Spin geometric phases in hopping magnetoconductance

We identify theoretically the geometric phases of the electrons' spinor that can be detected in measurements of charge and spin transport through Aharonov-Bohm interferometers threaded by a magnetic flux $\mathrm{\Phi }$ (in units of the flux quantum) where Rashba spin-orbit and Zeeman interactions are active. We show that the combined effect of these two interactions produces a $sin\left(\mathrm{\Phi }\right)$ [in addition to the usual $cos\left(\mathrm{\Phi }\right)$] dependence of the magnetoconductance, whose amplitude is proportional to the Zeeman field. Therefore, although the magnetoconductance is an even function of the magnetic field, it is not a periodic function of it, and the widely used concept of a phase shift in the Aharonov-Bohm oscillations, as indicated in previous work, is not applicable. We find the directions of the spin polarizations in the system and show that in general (even without the Zeeman term) the spin currents are not conserved, implying the generation of magnetization in the terminals attached to the interferometer.

Figure 1

Illustration of our model.

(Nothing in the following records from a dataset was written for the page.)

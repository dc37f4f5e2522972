-- ===== src/Zones/Engine.antt =====
-- src/minemonitor/zones/engine.py: the debounce and hysteresis machine of one asset in one zone.
pub mod History
mod Tests
use mine_intelligence.Prelude.{
  Bool, Option, String, false, if◌then◌else◌, is_some, leb, ltb, none, not, some, true, ℕ, ◌&&◌,
  ◌+◌, ◌-◌, ◌==◌, ◌||◌,
}
use mine_intelligence.Rules.Config.{RuleConfig}

-- the row `asset_zone_state`
pub record AssetZoneState : Type 0 where
  pub site_id : String
  pub asset_id : String
  pub zone_id : String
  pub inside : Bool
  pub consec_in : ℕ
  pub consec_out : ℕ
  pub entered_at : Option ℕ
  pub overspeed_consec : ℕ
  pub overspeed_fired : Bool
  pub stationary_since : Option ℕ
  pub dwell_fired : Bool
  pub last_ts : Option ℕ

pub data Transition : Type 0 where
  entry exit : Transition

-- A fix at `ts` does not follow on the one at `last`: it is dated before it, or comes after a
-- silence longer than `max_gap_s`.
unfoldable pub breaks_run : Option ℕ → ℕ → Option ℕ → Bool
breaks_run none ts max_gap_s = false
breaks_run (some last) ts none = ltb ts last
breaks_run (some last) ts (some gap) = ltb ts last || ltb gap (ts - last)

restart : AssetZoneState → ℕ → Option ℕ → AssetZoneState
restart state ts max_gap_s =
    if breaks_run state.last_ts ts max_gap_s
    then record state { consec_in = 0; consec_out = 0 }
    else state

-- the counters after one fix
count_fix : AssetZoneState → Bool → ℕ → ℕ → RuleConfig → AssetZoneState
count_fix state true dist_outside_m ts cfg = record state {
  entered_at =
      if not state.inside && (state.consec_in == 0 || not (is_some state.entered_at))
      then some ts
      else state.entered_at;
  consec_in = state.consec_in + 1;
  consec_out = 0;
}
count_fix state false dist_outside_m ts cfg = record state {
  consec_in = 0;
  consec_out =
      if ltb cfg.hysteresis_m dist_outside_m then state.consec_out + 1 else state.consec_out;
}

-- `since is not None and (ts - since) >= min_entry_dwell_s`
dwelt : Option ℕ → ℕ → ℕ → Bool
dwelt none ts min_entry_dwell_s = false
dwelt (some since) ts min_entry_dwell_s = leb (since + min_entry_dwell_s) ts

conclude : AssetZoneState → ℕ → RuleConfig → AssetZoneState × Option Transition
unfolding dwelt
conclude state ts cfg =
    if not state.inside
    then (if leb cfg.debounce_in state.consec_in && dwelt state.entered_at ts cfg.min_entry_dwell_s
        then (record state { inside = true; consec_out = 0 }, some entry)
        else (state, none))
    else (if leb cfg.exit_debounce state.consec_out
        then (
          record state {
            inside = false;
            entered_at = none;
            consec_in = 0;
            overspeed_consec = 0;
            overspeed_fired = false;
            stationary_since = none;
            dwell_fired = false;
          },
          some exit,
        )
        else (state, none))

unfoldable pub step :
    AssetZoneState → Bool → ℕ → ℕ → RuleConfig → Option ℕ → AssetZoneState × Option Transition
unfolding restart count_fix conclude
step state inside_raw dist_outside_m ts cfg max_gap_s =
    conclude (count_fix (restart state ts max_gap_s) inside_raw dist_outside_m ts cfg) ts cfg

A triangular Aharonov-Bohm interferometer is threaded by a magnetic flux $\mathrm{\Phi }$ (in units of the flux quantum). The interferometer is coupled to two reservoirs. One of its arms carries a quantum dot. A Zeeman field normal to the plane of the triangle affects both the dot and the arms of the loop. An electric field normal to the plane of the triangle generates a Rashba spin-orbit interaction on the links forming the triangle.